I'm working on problems of enterprise data integration in the role of enterprise architect, but I am and have been a SQL person for 15 years, so it may be that I look at this topic with considerations that don't get much attention more widely.
So, enterprise data integration! Or more descriptively, "sharing data around your various enterprise applications". While we would ideally strive to avoid data redundancy, we must accept the reality that when an enterprise is using several software suites each will almost certainly have its own database requiring at least some information that other systems also need: customers, products, and so on.
In an ideal (fantasy) world, every business entity would have a single master system of entry and all other systems would magically be instantly updated when data is changed at the master. In reality magic doesn't exist and we normally have to find a way to copy data around the various systems, and unfortunately sometimes it's even the case that more than one system is the system of entry for any particular entity - or even any particular attribute!

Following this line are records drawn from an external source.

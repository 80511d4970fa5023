-- ===== src/Prelude/Ints.antt =====
-- The integers over the native numbers, as in the standard library: negsuc n is -(n + 1).
use Prim.Native.Nat.{ℕ}

pub data ℤ : Type 0 where
  pos negsuc : ℕ → ℤ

So what's the problem? Copying data around the various systems takes time. Traditional ETL solutions are fine for data warehouses that are updated overnight, but become less useful when an enterprise wants (or sometimes needs) changes propagated rapidly to all applications.
Event and message based patterns do seem to be the best fit for real time or near real time integration. The first step here is having some way to generate messages in the first place. Some applications might provide a native mechanism of raising events to the outside world, but even where that's not the case a technology like SQL CDC can be used to detect changes and generate events from the data layer. Beyond this most fundamental step we have questions of how to guarantee message delivery, preserve message order, detect and resolve collisions in data, and so on. There are products tailored to solving some of these (eg, biztalk) and quite a lot of discussion on the various patterns one can employ.
But there is a serious lack of discussion on how a messaging based system is supposed to cope with bulk data changes.
Let us suppose one of the applications provides a mechanism to upload a reasonably large data file - say, the results of a stocktake, or periodic industry data, or validated address information. Such an upload may, even in a mid sized enterprise, result in tens or hundreds of thousands of rows being updated.
Your DBMS probably isn't going to have any problem with this. For extremely large changes we might split the operation into batches of tens-of-thousands, but SQL Server, for example, isn't going to flinch at a transaction that updates tens of thousands of rows.
The messaging system, on the other hand, is about to chuck a fit.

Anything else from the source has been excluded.